About 8% of human genome are come from retroviruses. hERVs are relics of ancient multiple infections that affected human germ line along the last 100 million of years, and became stable elements at the genome. Most hERVs are not active and functional due to the interruptions caused by multiple insertions/mutations. To investigate the expression of hERVs from RNA-seq data may find a missing piece to the human transcriptome jigsaw puzzle.
Download the annotation file from: https://github.com/mlbendall/telescope_annotation_db/tree/master/builds
The one combines HERV_rmsk.hg38.v2 and L1Base.hg38.v1, with 28,513 loci in total. Save as hERV.gtf
Combine this hERV gtf file with GRCh38.100.gtf
cat GRCh38.100_hERV.gtf hERV.gtf > GRCh38.100_hERV.gtf
Build bowtie2 index use rsem-prepare-reference
rsem-prepare-reference \
--gtf GRCh38.100_hERV.gtf \
--bowtie2 \
-p 32 \
Homo_sapiens.GRCh38.dna.primary_assembly.fa \
hg38ERV_index/hg38_hERV
Download raw fastq files from these three datasets.
Use rsem-calculate-expression to get the expression matrix from the raw fastq files.

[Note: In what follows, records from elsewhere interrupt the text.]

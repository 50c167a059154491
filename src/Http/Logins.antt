-- ===== src/Http/Logins.antt =====
-- internal/handler/auth.go: a login with a signature, and the pairing of a second client.
pub mod Pairing
use happy_server_lite.Base.{
  ℕ, GoString, codes, is_empty, Bool, true, false, not, Option, none, some, ◌⊎◌, inl, inr, List, [],
  ◌∷◌, if◌then◌else◌,
}
use happy_server_lite.Json.{Json}
use happy_server_lite.Model.{AuthRequest}
use happy_server_lite.Auth.{
  TokenConfig, Jwt, TokenError, create_token, Crypto, SignatureError, verify_signature_detailed,
}
use happy_server_lite.Middleware.RateLimit.{RateLimiter, allow}
use happy_server_lite.Middleware.Authentication.{user_id_from_context}
use happy_server_lite.Store.State.{Store}
use happy_server_lite.Store.Accounts.{
  get_or_create_account, get_auth_request, upsert_auth_request, authorize_auth_request,
}
use happy_server_lite.Http.Answers.{
  Answer, answer, failed, ok_status, bad_request, unauthorized, not_found, too_many_requests,
  internal_error, no_user, invalid_request, succeeded,
}

-- The store and the limiter of the login requests, which may be missing.
pub record Api : Type 0 where
  pub store : Store
  pub limiter : Option RateLimiter

pub record AuthBody : Type 0 where
  pub public_key : GoString
  pub challenge : GoString
  pub signature : GoString

pub record AuthRequestBody : Type 0 where
  pub public_key : GoString
  pub supports_v2 : Bool

pub record AuthResponseBody : Type 0 where
  pub public_key : GoString
  pub response : GoString

abbrev signature_text : SignatureError → GoString
signature_text SignatureError.invalid_public_key = codes "Invalid public key"
signature_text SignatureError.invalid_signature = codes "Invalid signature"

abbrev token_answer : TokenError ⊎ GoString → Answer
token_answer (inl e) = failed internal_error (codes "Token creation failed")
token_answer (inr token) =
    answer ok_status ((codes "success", Json.bool true) ∷ (codes "token", Json.string token) ∷ [])

module _ (jwt : Jwt) (crypto : Crypto) (cfg : TokenConfig) where
  abbrev pub logged_in :
      Api → AuthBody → GoString → ℕ → ℕ → Option GoString → Option SignatureError → Api × Answer
  logged_in api body new_id now instant random (some e) =
      (api, failed unauthorized (signature_text e))
  logged_in api body new_id now instant random none =
      let (s', account, created) = get_or_create_account api.store body.public_key new_id now in
      (record api { store = s' }, token_answer (create_token jwt account.id cfg instant random))

  -- `Auth`; `now` is the time in milliseconds and `instant` that in nanoseconds.
  unfoldable pub auth : Api → Option AuthBody → GoString → ℕ → ℕ → Option GoString → Api × Answer
  auth api none new_id now instant random = (api, invalid_request)
  auth api (some body) new_id now instant random =
      logged_in api body new_id now instant random
        (verify_signature_detailed crypto body.public_key body.challenge body.signature)

-- `h.AuthRequestLimiter != nil && !h.AuthRequestLimiter.Allow(c.ClientIP())`
abbrev pub asked : Option RateLimiter → GoString → ℕ → Option RateLimiter × Bool
asked none ip instant = (none, true)
asked (some rl) ip instant = let (rl', allowed) = allow rl ip instant in (some rl', allowed)

abbrev request_answer : AuthRequest → Answer
request_answer req =
    if not (is_empty req.token)
    then answer ok_status (
        (codes "state", Json.string (codes "authorized"))
        ∷ (codes "token", Json.string req.token)
        ∷ (codes "response", Json.string req.response)
        ∷ (codes "supportsV2", Json.bool req.supports_v2)
        ∷ [])
    else answer ok_status (
        (codes "state", Json.string (codes "requested"))
        ∷ (codes "supportsV2", Json.bool req.supports_v2)
        ∷ [])

abbrev pub requested : Api → AuthRequestBody → GoString → ℕ → Api × Answer
requested api body new_id now =
    let (s', req) = upsert_auth_request api.store body.public_key body.supports_v2 new_id now in
    (record api { store = s' }, request_answer req)

-- Only a key without a request asks the limiter.
abbrev pub request_for :
    Api → AuthRequestBody → GoString → GoString → ℕ → ℕ → Option AuthRequest → Api × Answer
request_for api body ip new_id now instant (some req) = requested api body new_id now
request_for api body ip new_id now instant none =
    let (limiter, allowed) = asked api.limiter ip instant in
    let api' : Api = record api { limiter = limiter } in
    let made = requested api' body new_id now in
    if not allowed then (api', failed too_many_requests (codes "Rate limit exceeded")) else made

unfoldable pub request : Api → Option AuthRequestBody → GoString → GoString → ℕ → ℕ → Api × Answer
request api none ip new_id now instant = (api, invalid_request)
request api (some body) ip new_id now instant =
    let made =
      request_for api body ip new_id now instant (get_auth_request api.store body.public_key) in
    if is_empty body.public_key
    then (api, failed bad_request (codes "Invalid public key"))
    else made

module _ (jwt : Jwt) (cfg : TokenConfig) where
  abbrev authorized_answer : Option AuthRequest → Answer
  authorized_answer none = failed not_found (codes "Request not found")
  authorized_answer (some req) = succeeded

  abbrev pub authorized_with :
      Store → AuthResponseBody → GoString → ℕ → TokenError ⊎ GoString → Store × Answer
  authorized_with s body user_id now (inl e) =
      (s, failed internal_error (codes "Token creation failed"))
  authorized_with s body user_id now (inr token) =
      let (s', found) = authorize_auth_request s body.public_key body.response user_id token now in
      (s', authorized_answer found)

  abbrev pub responded :
      Store → AuthResponseBody → ℕ → ℕ → Option GoString → Option GoString → Store × Answer
  responded s body now instant random none = (s, no_user)
  responded s body now instant random (some user_id) =
      authorized_with s body user_id now (create_token jwt user_id cfg instant random)

  unfoldable pub response :
      Store → Option GoString → Option AuthResponseBody → ℕ → ℕ → Option GoString → Store × Answer
  response s user none now instant random = (s, invalid_request)
  response s user (some body) now instant random =
      let done = responded s body now instant random (user_id_from_context user) in
      if is_empty body.public_key
      then (s, failed bad_request (codes "Invalid public key"))
      else if is_empty body.response
      then (s, failed bad_request (codes "Invalid response"))
      else done

abbrev request_status_answer : Option AuthRequest → Answer
request_status_answer none =
    answer ok_status ((codes "status", Json.string (codes "not_found")) ∷ [])
request_status_answer (some req) =
    let status = if is_empty req.token then codes "pending" else codes "authorized" in
    answer ok_status
      ((codes "status", Json.string status) ∷ (codes "supportsV2", Json.bool req.supports_v2) ∷ [])

unfoldable pub request_status : Store → GoString → Answer
request_status s public_key =
    if is_empty public_key
    then failed bad_request (codes "Invalid public key")
    else request_status_answer (get_auth_request s public_key)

rsem-calculate-expression \
--bowtie2 \
--paired-end Sample1_F.fastq.gz Sample1_R.fastq.gz
-p 32 \
hg38ERV_index/hg38_hERV \
rsem/Sample1
Use DESeq2 R package to identify differential expressed genes(hERVs):
There is only one differential expressed hERV from the Whole blood RNA-seq
There are 6 differential expressed hERV from the Hippocampus bulk RNA-seq
There are many differential expressed hERVs and genes in the Laser capture microdissection (LCM) of the granule cell layer of the dentate gyrus (DG-GCL) in human hippocampus. Maybe because the high purity of the cell source.